In the experiment of elliptical vibration cutting phase angle change, Zhu et al. [25] established a model of the influence of phase difference on cutting performance in ultrasonic elliptical vibration cutting. They found that the phase offset was sinusoidally related to the critical speed ratio and was not related to other ultrasonic parameters. Jiang et al. [26] established the model of the residual height along cutting direction caused by the change in the elliptical vibration cutting track, the model of the influence of dynamic cutting angle change on the machined surface quality. They found that the deflection change in the ultrasonic elliptical vibration cutting path was an important factor leading to the change in the cutting surface quality, but the phase difference change in the turning experiment was not fully analyzed.

In view of the aforementioned problems, this study analyzed the principle of double-excitation 3D ultrasonic elliptical vibration and the motion characteristics of the tool-tip trajectory under different cutting parameters. A 3D turning profile simulation model was established to verify the motion characteristics of trajectory. Based on 7075 aluminum alloy material, experiments were carried out by using the double-excitation 3D-ultrasonic elliptical vibration turning (3D-UEVT) system. Its results showed the influence and formation mechanism of the tool-tip trajectory on the machined surface quality of 7075 aluminum alloy under different rotational speeds, feed speeds, ultrasonic amplitudes, and phase difference parameters. Also, the obtained machined surface topography was analyzed.
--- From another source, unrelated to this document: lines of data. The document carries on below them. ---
-- ===== src/Server/Serving/Found.antt =====
-- What a dispatcher finds for a request on running pools.
use Prim.Native.String.{String}
use wsp.Base.{
  ℕ, zero, suc, ◌∙◌, ◌<◌, ◌≡◌, refl, ◌⊎◌, inl, inr, true, List, [], ◌∷◌, none, some, Option-cases,
  arith,
}
use wsp.Base.Maps.{at, AllAt, AllAt-at}
use wsp.Server.Pool.{Pool}
use wsp.Server.Pool.Channel.{idle_only}
use wsp.Server.Pool.Lifecycle.{IsRunning}
use wsp.Server.Dispatch.{Server, Dispatched, served, refused, waits, dispatch_request, get_pool}
use wsp.Server.Dispatch.Register.{AllRunning}
use wsp.Server.Dispatch.Request.{outcome, outcome_from, dispatch_request_lem}

-- Enough rounds for the dispatcher.
abbrev pub Enough : ℕ → Server → Type 0
Enough fuel s = (0 < fuel) × AllAt (λ p. p.idle_chan.cap < fuel) s.pools

-- What the dispatcher can find for a client.
pub data Found (id : String) (s : Server) (d : Dispatched) : Type 0 where
  nobody : at s.pools id ≡ none → d ≡ refused → Found id s d
  nothing_idle : (p : Pool) → at s.pools id ≡ some p → outcome p ≡ waits → d ≡ waits → Found id s d
  one :
      (p : Pool) (c : ℕ)
      → at s.pools id ≡ some p
      → outcome p ≡ served c
      → d ≡ served c
      → Found id s d

dispatch_missing :
    (fuel thread : ℕ) (id : String) (s : Server)
    → 0 < fuel
    → at s.pools id ≡ none
    → (dispatch_request fuel thread id s).0 ≡ refused
unfolding dispatch_request get_pool
dispatch_missing zero thread id s h missing = absurd (omega (arith, h))
dispatch_missing (suc fuel) thread id s h missing = rw (missing, dispatch_request) refl

outcome-cases :
    (l : List ℕ) → (outcome_from l true ≡ waits) ⊎ ((c : ℕ) × (outcome_from l true ≡ served c))
outcome-cases [] = inl refl
outcome-cases (c ∷ l) = inr (c, refl)

-- Nothing has changed in the table then.
pub dispatch_missing-pools :
    (fuel thread : ℕ) (id : String) (s : Server)
    → at s.pools id ≡ none
    → (dispatch_request fuel thread id s).1.pools ≡ s.pools
unfolding dispatch_request get_pool
dispatch_missing-pools zero thread id s missing = refl
dispatch_missing-pools (suc fuel) thread id s missing = rw (missing, dispatch_request) refl

pub dispatch_request-Found :
    (fuel thread : ℕ) (id : String) (s : Server)
    → AllRunning s
    → Enough fuel s
    → Found id s (dispatch_request fuel thread id s).0
dispatch_request-Found fuel thread id s all (some_fuel, enough) =
    elim (Option-cases (at s.pools id)) [
      | inl missing ↦ nobody missing (dispatch_missing fuel thread id s some_fuel missing)
      | inr (p, found) ↦
          let run = AllAt-at IsRunning s.pools id p all found in
          let long = AllAt-at (λ p. p.idle_chan.cap < fuel) s.pools id p enough found in
          let d =
            (dispatch_request_lem fuel thread id s p found (omega (arith, run.inv.fits, long))).0 in
          elim (outcome-cases (idle_only p.heap p.idle_chan.buffer)) [
            | inl e ↦
                let o : outcome p ≡ waits = rw run.chan_open e in nothing_idle p found o (d ∙ o)
            | inr (c, e) ↦
                let o : outcome p ≡ served c = rw run.chan_open e in one p c found o (d ∙ o)
          ]
    ]
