-- ===== src/Server/Serving/Ending.antt =====
-- How a request can end, and what it leaves of the pools.
use mathlib.Core.Path.{subst}
use Prim.Native.String.{String}
use wsp.Base.{ℕ, ◌≡◌, refl, ◌≢◌, false, List, none, some, length}
use wsp.Base.Maps.{at}
use wsp.Mulch.Response.{HttpResponse, proxy_error_code}
use wsp.Runtime.{Result, ok, panics, blocks, ◌>>=◌, invalid_code}
use wsp.Server.Connection.{closed}
use wsp.Server.Pool.{Pool}
use wsp.Server.Pool.Lifecycle.Return.{IsLast}
use wsp.Server.Session.{Phase, head}
use wsp.Server.Proxy.{channel_closed, content, Proxied}
use wsp.Server.Proxy.Outcome
use wsp.Server.Proxy.Outcome.{IsServed, failed_with, hangs, crashes, proxy_request-Outcome}
use wsp.Server.Handlers.{
  HandlerError, Try, Front, proxy_error, http_error, unused, gave, closed_it, tunneling_failure,
  no_proxy_target, Handled, target_of, tunnel, refuse,
}
use wsp.Server.Handlers.Requests.{has_status}
use wsp.Server.Dispatch.{Server, served, waits, dispatch_request}
use wsp.Server.Dispatch.Register.{AllRunning}
use wsp.Server.Dispatch.Request.{outcome}
use wsp.Server.Dispatch.Taken.{HasRoom, dispatch_request-Kept}
use wsp.Server.Serving.Settled.{InPool, settle-gave, settle-closed_it}
use wsp.Server.Serving.Found.{
  Enough, nobody, nothing_idle, one, dispatch_request-Found, dispatch_missing-pools,
}
use wsp.Server.Serving.Asked.{Asks, Refusal, unknown, Verdict, asks, refuses, target_of-Verdict}
use wsp.Server.Serving.{Setting, go_on, serve_request}

-- What the requester is told of an error.
abbrev pub told_of : Setting → HandlerError → Front → Front
told_of w e f = record f { writer = http_error (w.describe e) proxy_error_code f.writer }

-- The client that the request is for has this pool, in whose channel that connection has been idle
-- for longest.
pub record Meets (w : Setting) (s : Server) (id : String) (p : Pool) (c : ℕ) : Type 0 where
  pub asked : Asks w s id
  pub pool : at s.pools id ≡ some p
  pub oldest : outcome p ≡ served c

-- How a request can end that meets the server `s`.
pub data Ending (w : Setting) (f : Front) (s : Server) (r : Result (Handled × Server))
    : Type 0 where
  -- It is refused, for a reason, and told so with the proxy's code; the pools stay as they are.
  turned_away :
      (e : HandlerError) (t : Server)
      → Refusal w s e
      → t.pools ≡ s.pools
      → r ≡ ok (record { front = told_of w e f; disposal = unused }, t)
      → Ending w f s r
  -- The connection of the client has answered, and stands at the channel's end.
  passed_on :
      (id : String) (p : Pool) (c : ℕ) (h : Handled) (x : Proxied) (t : Server)
      → Meets w s id p c
      → IsServed (w.exchange c) f.writer x
      → h.front.writer ≡ x.writer
      → AllRunning t
      → InPool id (λ q. (l : List ℕ) × IsLast c l q) t
      → r ≡ ok (h, t)
      → Ending w f s r
  -- That connection has failed, and is closed.
  failed :
      (id : String) (p : Pool) (c : ℕ) (h : Handled) (t : Server)
      → Meets w s id p c
      → h.front.writer.status ≢ none
      → AllRunning t
      → InPool id (λ q. (q.heap c).status ≡ closed) t
      → r ≡ ok (h, t)
      → Ending w f s r
  -- The client's pool has no idle connection.
  waiting :
      (id : String) (p : Pool)
      → Asks w s id
      → at s.pools id ≡ some p
      → outcome p ≡ waits
      → r ≡ blocks
      → Ending w f s r
  -- The connection is closed while the handler offers its channel to the reader.
  never_answered :
      (id : String) (p : Pool) (c : ℕ) (ph : Phase)
      → Meets w s id p c
      → (w.exchange c).offer ph ≡ channel_closed
      → r ≡ blocks
      → Ending w f s r
  -- The peer has answered with a code that is no status code.
  crashed :
      (id : String) (p : Pool) (c : ℕ) (json : String) (a : HttpResponse)
      → Meets w s id p c
      → (w.exchange c).received head ≡ content json
      → (w.exchange c).decode json ≡ some a
      → (w.exchange c).is_code a.status_code ≡ false
      → r ≡ panics invalid_code
      → Ending w f s r

module _ (w : Setting) (f : Front) (s : Server) (unsent : f.writer.status ≡ none) where
  refuse-Ending :
      (e : HandlerError) (t : Server)
      → Refusal w s e
      → t.pools ≡ s.pools
      → Ending w f s (do h ← refuse w.describe e f; ok (h, t))
  unfolding proxy_error
  refuse-Ending e t why same = turned_away e t why same refl

  served-Ending :
      (id : String) (p : Pool) (c : ℕ) (t : Server)
      → Meets w s id p c
      → AllRunning t
      → HasRoom id (served c) t
      → Ending w f s (go_on w id f (served c) t)
  unfolding go_on tunnel
  served-Ending id p c t meets all room =
      elim (proxy_request-Outcome (w.exchange c) f.writer unsent) [
        | Outcome.served x v e ↦
            let (u, s', kept, back) = settle-gave w.now id c t all room in
            passed_on id p c (record { front = record f { writer = x.writer }; disposal = gave c })
              x u meets v refl kept back (rw (e, v.no_error, s') refl)
        | failed_with x y h n e ↦
            let (u, s', kept, gone) = settle-closed_it w.now id c t all room in
            failed id p c
              (record {
                front =
                    proxy_error w.describe (tunneling_failure y) ""
                      (record f { writer = x.writer });
                disposal = closed_it c;
              })
              u meets (has_status w.describe f (tunneling_failure y) x.writer) kept gone
              (rw (e, h, s') refl)
        | hangs ph h e ↦ never_answered id p c ph meets h (rw e refl)
        | crashes json a r d n e ↦ crashed id p c json a meets r d n (rw e refl)
      ]

  dispatched-Ending :
      (id : String)
      → Asks w s id
      → AllRunning s
      → Enough w.fuel s
      → Ending w f s (
          go_on w id f
            (dispatch_request w.fuel w.thread id s).0
            (dispatch_request w.fuel w.thread id s).1)
  unfolding go_on
  dispatched-Ending id asked all enough =
      let (kept, room) = dispatch_request-Kept w.fuel w.thread id s all in
      let t = (dispatch_request w.fuel w.thread id s).1 in
      elim (dispatch_request-Found w.fuel w.thread id s all enough) [
        | nobody missing d ↦ rw d (
            refuse-Ending (no_proxy_target id) t (unknown id asked missing)
              (dispatch_missing-pools w.fuel w.thread id s missing))
        | nothing_idle p found o d ↦ rw d (waiting id p asked found o refl)
        | one p c found o d ↦ rw d (
            served-Ending id p c t (record { asked = asked; pool = found; oldest = o }) kept
              (subst (λ x. HasRoom id x t) d room))
      ]

  -- A verdict on the request that is right leads to one of the endings.
  verdict-Ending :
      (v : Try String)
      → Verdict w s v
      → AllRunning s
      → Enough w.fuel s
      → target_of w.config w.get w.parses (length s.pools) ≡ v
      → Ending w f s (serve_request w f s)
  unfolding serve_request
  verdict-Ending _ (asks id asked) all enough e =
      rw (e, serve_request) (dispatched-Ending id asked all enough)
  verdict-Ending _ (refuses x why) all enough e = rw (e, serve_request) (refuse-Ending x s why refl)

  -- Every way in which a request can end that meets running pools, with nobody else at work on
  -- them, and with enough rounds for the dispatcher. Either it is refused for its reason, which the
  -- requester is told with the proxy's code, while the pools stay as they are: its destination
  -- cannot be parsed, there are no pools, it does not name a client in the header in which it has
  -- to, or the client that it names has no pool. Or it is passed to the connection of the client
  -- that it names which has been idle for longest: when that answers, the requester gets its
  -- response and the connection stands idle at the end of the client's channel; when it fails, the
  -- requester has a status and the connection is closed; and every pool goes on running. Or the
  -- handler waits: the client's pool has no idle connection, or the connection is closed while the
  -- handler offers its channel. Or it panics, for the peer has answered with an invalid code.
  pub serve_request-Ending : AllRunning s → Enough w.fuel s → Ending w f s (serve_request w f s)
  serve_request-Ending all enough = verdict-Ending _ (target_of-Verdict w s) all enough refl
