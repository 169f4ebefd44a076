-- ===== src/Server/Session/Exclusion.antt =====
-- What the two goroutines of a connection never do together.
use wsp.Base.{ℕ, ◌<◌, ◌≡◌, refl, ◌≢◌, ◌↔◌, inr, Bool, true, arith}
use wsp.Runtime.{ok}
use wsp.Server.Connection.{
  idle, closed, Connection, close, take, IsSound, shut, close-eq-shut, take-IsSound,
}
use wsp.Server.Session.{
  Phase, head, body, Reader, reading, handing, handed, Handler, absent, clash, offering, awaiting,
  consuming, Session, new_session, Holds, give_back, Step, Reach, here, next,
}

-- What the place of the handler says of the reader.
abbrev pub Fits : Handler → Reader → ℕ → Type 0
Fits (offering ph k) r made = (k < made) × (r ≢ handing k) × (r ≢ handed k)
Fits (awaiting ph k) r made = (k < made) × (r ≢ handed k)
Fits (consuming ph k) r made = (k < made) × (r ≡ handed k)
Fits _ r made = Unit

-- What the place of the reader says of the handler.
abbrev pub Meets : Reader → Handler → ℕ → Type 0
Meets (handing k) h made = (ph : Phase) × (h ≡ awaiting ph k)
Meets (handed k) h made = k < made
Meets _ h made = Unit

pub record Inv (s : Session) : Type 0 where
  pub sound : IsSound s.conn
  pub alone : s.conn.status ≡ idle → s.handler ≡ absent
  pub one_handler : s.handler ≢ clash
  pub fits : Fits s.handler s.reader s.made
  pub meets : Meets s.reader s.handler s.made

close-shut : (c d : Connection) → IsSound c → close c ≡ ok d → d ≡ shut c
close-shut c d s e = ground (arith, close-eq-shut c s)

take_cases :
    (c : Connection)
    → IsSound c
    → IsSound (take c).0
      × ((take c).0.status ≢ idle)
      × ((take c).1 ≡ true → c.status ≡ idle)
      × (((take c).0.status ≡ closed) ↔ (c.status ≡ closed))
unfolding take
take_cases c s = (take-IsSound c s, ground arith, ground arith, (ground arith, ground arith))

-- A connection that is given back is sound.
give_back-IsSound :
    (now : ℕ) (room : Bool) (c d : Connection) → IsSound c → give_back now room c ≡ ok d → IsSound d
unfolding give_back close
give_back-IsSound now room c d s e = ground arith

Step-Inv : {s t : Session} → Step s t → Inv s → Inv t
Step-Inv (Step.reads r l) v = ground arith
Step-Inv (Step.stops r l) v = ground arith
Step-Inv (Step.hangs_up r) v = ground arith
Step-Inv (Step.message r b) v = ground arith
Step-Inv (Step.wild_message r b) v = ground arith
Step-Inv (Step.unlocked r n) v = ground arith
Step-Inv (Step.meets r h n) v = ground arith
Step-Inv (Step.hands r h) v = ground arith
Step-Inv (Step.breaks r h) v = ground arith
Step-Inv (Step.resumes r h) v = ground arith
Step-Inv {s} (Step.ends {c = c} r e) v = ground (arith, close-shut s.conn c v.sound e)
Step-Inv {s} (Step.takes e) v = ground (arith, take_cases s.conn v.sound)
Step-Inv {s} (Step.misses e) v = ground (arith, take_cases s.conn v.sound)
Step-Inv (Step.sends h) v = ground arith
Step-Inv (Step.answers h) v = ground arith
Step-Inv (Step.fails_to_send h) v = ground arith
Step-Inv (Step.fails_to_answer h) v = ground arith
Step-Inv (Step.gives_up h) v = ground arith
Step-Inv (Step.recovers h n) v = ground arith
Step-Inv (Step.consumes {ph = head} h) v = ground arith
Step-Inv (Step.consumes {ph = body} h) v = ground arith
Step-Inv (Step.fails_to_read h) v = ground arith
Step-Inv {s} (Step.gives {c = c} now room h e) v =
    ground (arith, give_back-IsSound now room s.conn c v.sound e)
Step-Inv {s} (Step.drops {c = c} h e) v = ground (arith, close-shut s.conn c v.sound e)
Step-Inv {s} (Step.shuts {c = c} e) v = ground (arith, close-shut s.conn c v.sound e)

pub new_session-Inv : (now : ℕ) → Inv (new_session now)
new_session-Inv now = record {
  sound = inr (λ e. cc, refl, refl);
  alone = λ _. refl;
  one_handler = cc;
  fits = tt;
  meets = tt;
}

pub Reach-Inv : {s t : Session} → Inv s → Reach s t → Inv t
Reach-Inv v here = v
Reach-Inv v (next r st) = Step-Inv st (Reach-Inv v r)

-- What the two goroutines never do together.
pub record IsExclusive (s : Session) : Type 0 where
  pub one_reads : (ph : Phase) (k : ℕ) → s.reader ≡ reading → s.handler ≢ consuming ph k
  pub one_handler : s.handler ≢ clash
  pub unused : s.conn.status ≡ idle → s.handler ≡ absent
  pub answered : (k : ℕ) → s.reader ≡ handing k → Holds k s.handler
  pub closes_once : IsSound s.conn

Inv-IsExclusive : (s : Session) → Inv s → IsExclusive s
Inv-IsExclusive s v = record {
  one_reads = λ ph k r h. ground arith;
  one_handler = v.one_handler;
  unused = v.alone;
  answered = λ k r. ground arith;
  closes_once = v.sound;
}

-- However the two goroutines of a new connection, the peer, the requester and the pool interleave:
-- only one of the two reads the socket at a time; the connection never serves two requests, and
-- one that can be taken serves none; the reader never sends on a response channel that its handler
-- has closed; and `nextResponse` and the socket are closed exactly when the status says so.
pub Reach-IsExclusive : (now : ℕ) (s : Session) → Reach (new_session now) s → IsExclusive s
Reach-IsExclusive now s r = Inv-IsExclusive s (Reach-Inv (new_session-Inv now) r)
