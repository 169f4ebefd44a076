-- ===== src/Server/Session/Hang.antt =====
-- What becomes of a request whose connection is closed while it waits for the response.
use wsp.Base.{ℕ, ◌≡◌, ◌≢◌, false, arith}
use wsp.Runtime.{ok}
use wsp.Server.Connection.{closed, Connection, close, take}
use wsp.Server.Session.Exclusion.{Inv, Reach-Inv, new_session-Inv}
use wsp.Server.Session.{
  Phase, handing, offering, awaiting, Session, new_session, Step, Reach, here, next,
}

-- The handler waits for a reader that does not know of its channel.
record IsStuck (ph : Phase) (k : ℕ) (s : Session) : Type 0 where
  waits : s.handler ≡ awaiting ph k
  unknown : s.reader ≢ handing k
  dead : s.conn.status ≡ closed

close_dead : (c d : Connection) → c.status ≡ closed → close c ≡ ok d → d ≡ c
unfolding close
close_dead c d e h = ground arith

take_dead :
    (c : Connection) → c.status ≡ closed → ((take c).1 ≡ false) × ((take c).0.status ≡ closed)
unfolding take
take_dead c e = ground arith

Step-IsStuck : (ph : Phase) (k : ℕ) {s t : Session} → Step s t → IsStuck ph k s → IsStuck ph k t
Step-IsStuck ph k (Step.reads r l) v = ground arith
Step-IsStuck ph k (Step.stops r l) v = ground arith
Step-IsStuck ph k (Step.hangs_up r) v = ground arith
Step-IsStuck ph k (Step.message r b) v = ground arith
Step-IsStuck ph k (Step.wild_message r b) v = ground arith
Step-IsStuck ph k (Step.unlocked r n) v = ground arith
Step-IsStuck ph k (Step.meets r h n) v = ground arith
Step-IsStuck ph k (Step.hands r h) v = ground arith
Step-IsStuck ph k (Step.breaks r h) v = ground arith
Step-IsStuck ph k (Step.resumes r h) v = ground arith
Step-IsStuck ph k {s} (Step.ends {c = c} r e) v = ground (arith, close_dead s.conn c v.dead e)
Step-IsStuck ph k {s} (Step.takes e) v = ground (arith, take_dead s.conn v.dead)
Step-IsStuck ph k {s} (Step.misses e) v = ground (arith, take_dead s.conn v.dead)
Step-IsStuck ph k (Step.sends h) v = ground arith
Step-IsStuck ph k (Step.answers h) v = ground arith
Step-IsStuck ph k (Step.fails_to_send h) v = ground arith
Step-IsStuck ph k (Step.fails_to_answer h) v = ground arith
Step-IsStuck ph k (Step.gives_up h) v = ground arith
Step-IsStuck ph k (Step.recovers h n) v = ground arith
Step-IsStuck ph k (Step.consumes h) v = ground arith
Step-IsStuck ph k (Step.fails_to_read h) v = ground arith
Step-IsStuck ph k (Step.gives now room h e) v = ground arith
Step-IsStuck ph k (Step.drops h e) v = ground arith
Step-IsStuck ph k {s} (Step.shuts {c = c} e) v = ground (arith, close_dead s.conn c v.dead e)

Reach-IsStuck : (ph : Phase) (k : ℕ) {s t : Session} → IsStuck ph k s → Reach s t → IsStuck ph k t
Reach-IsStuck ph k v here = v
Reach-IsStuck ph k v (next r st) = Step-IsStuck ph k st (Reach-IsStuck ph k v r)

-- The session after the send has panicked and `catchProxyPanic` has recovered.
abbrev pub recovered : Phase → ℕ → Session → Session
recovered ph k s = record s { handler = awaiting ph k }

-- Whenever a connection is closed while the handler of a request waits to hand its channel to the
-- reader, the send may panic on the closed channel; since the recovered call returns no error, the
-- handler then waits on a channel that nobody knows, and in every later session it waits still: the
-- requester gets no answer.
pub recovered_hangs :
    (now : ℕ) (s u : Session) (ph : Phase) (k : ℕ)
    → Reach (new_session now) s
    → s.handler ≡ offering ph k
    → s.conn.status ≡ closed
    → Reach (recovered ph k s) u
    → Step s (recovered ph k s) × (u.handler ≡ awaiting ph k)
recovered_hangs now s u ph k r h e later =
    (Step.recovers h (ground (arith, v.sound)), (Reach-IsStuck ph k stuck later).waits)
  where
    v : Inv s
    v = Reach-Inv (new_session-Inv now) r

    stuck : IsStuck ph k (recovered ph k s)
    stuck = ground (arith, v.fits)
2 3D-UEVT principle and topography simulation

2.1 Double-excitation UEVT motion analysis

Ultrasonic elliptical vibration cutting trajectory is composed of an ultrasonic tool vibration track and a spindle-driven workpiece rotation trajectory, as shown in Fig. 1. In this experiment, the 3D-UEVT was done in two vertical directions of X and Y to give the tool two vibration sources. Therefore, the vibrations in the two orthogonal directions were coupled to the position of the tool tip, forming a third direction resonance, thereby superimposing and synthesizing a 3D elliptical vibration cutting trajectory. The motion trajectory equation is:

$$ \left\{\begin{array}{c}X={A}_x\sin \left(2\pi ft+{\phi}_x\right)\\ {}Y={A}_y\sin \left(2\pi ft+{\phi}_y\right)\\ {}Z={A}_z\cos \left(2\pi ft+{\phi}_z\right)\end{array}\right. $$

(1)

where A_x, A_y, and A_z are amplitudes in X, Y, and Z directions. φ_x, φ_y, and φ_z are angular phase shifts in X, Y, and Z directions. f is the vibrational frequency of the tool, and t is the cutting time. The 3D-UEVT motion track is shown in Fig. 2 under the raw state. The shape and deflection of the elliptical vibration cutting path could be changed by controlling the amplitude and phase difference. By controlling only the phase difference, the elliptical vibration cutting path of the tool tip could be obtained, as shown in Fig. 3.

Fig. 1

Double-excitation 3D-UEVT model

Fig. 2

Elliptic vibration cutting trajectory in the unprocessed state

Fig. 3

Elliptic vibration cutting paths with different phase differences

In the actual machining process, the vibration of the tool in the depth of cut and the theoretical cutting depth determines the actual cutting depth of the tool. The vibration and cutting speed of the tool in the cutting direction determine the actual cutting speed of the tool on the workpiece. The vibration in the feed direction and the theoretical feed rate determine the relative feed rate. Therefore, the 3D elliptical vibration trajectory of the tool due to the vibration in these three directions made the turning surface produce a unique “fish scale” surface topography. The cutting process is shown in Fig. 4. Therefore, the trajectory equation of the double-excitation 3D-UEVT tool could be expressed as:

$$ \left\{\begin{array}{l}{X}^{\hbox{'}}={A}_x\sin \left(2\pi ft+{\phi}_x\right)-{a}_p\\ {}{Y}^{\hbox{'}}={A}_y\sin \left(2\pi ft+{\phi}_y\right)+{V}_c\cdot t\\ {}{Z}^{\hbox{'}}={A}_z\cos \left(2\pi ft+{\phi}_z\right)+{V}_f\cdot t\end{array}\right. $$

(2)

where a_p represents the depth of the cut, V_c represents the linear cutting speed, and V_f represents the tool feed speed.

Fig. 4

Schematic diagram of ultrasonic elliptical vibration cutting

According to Eq. (2), the cutting speed components of tool is expressed as:

$$ \left\{\begin{array}{l}{V}_x(t)=2\pi {fA}_x\cos \left(2\pi ft+{\phi}_x\right)\kern0.5em \\ {}{V}_y(t)=2\pi {fA}_y\cos \left(2\pi ft+{\phi}_y\right)+{V}_c\\ {}{V}_z(t)=-2\pi {fA}_z\sin \left(2\pi ft+{\phi}_z\right)+{V}_f\end{array}\right. $$

(3)

The instantaneous cutting speed V_t(t) of the tool is:

$$ {V}_t(t)=\sqrt{V_x{(t)}^2+{V}_y{(t)}^2+{V}_z{(t)}^2} $$

(4)

Equations (3) and (4) show that the cutting speed of the tool movement could be determined by the combination of the machine tool’s own cutting speed V_c and feed rate V_f and the ultrasonic elliptical vibration Eq. (1). The tool had a critical instantaneous cutting speed V_MAX. When the actual cutting speed V_t was greater than the critical instantaneous cutting speed V_MAX, the tool was not able to effectively separate and cut the workpiece.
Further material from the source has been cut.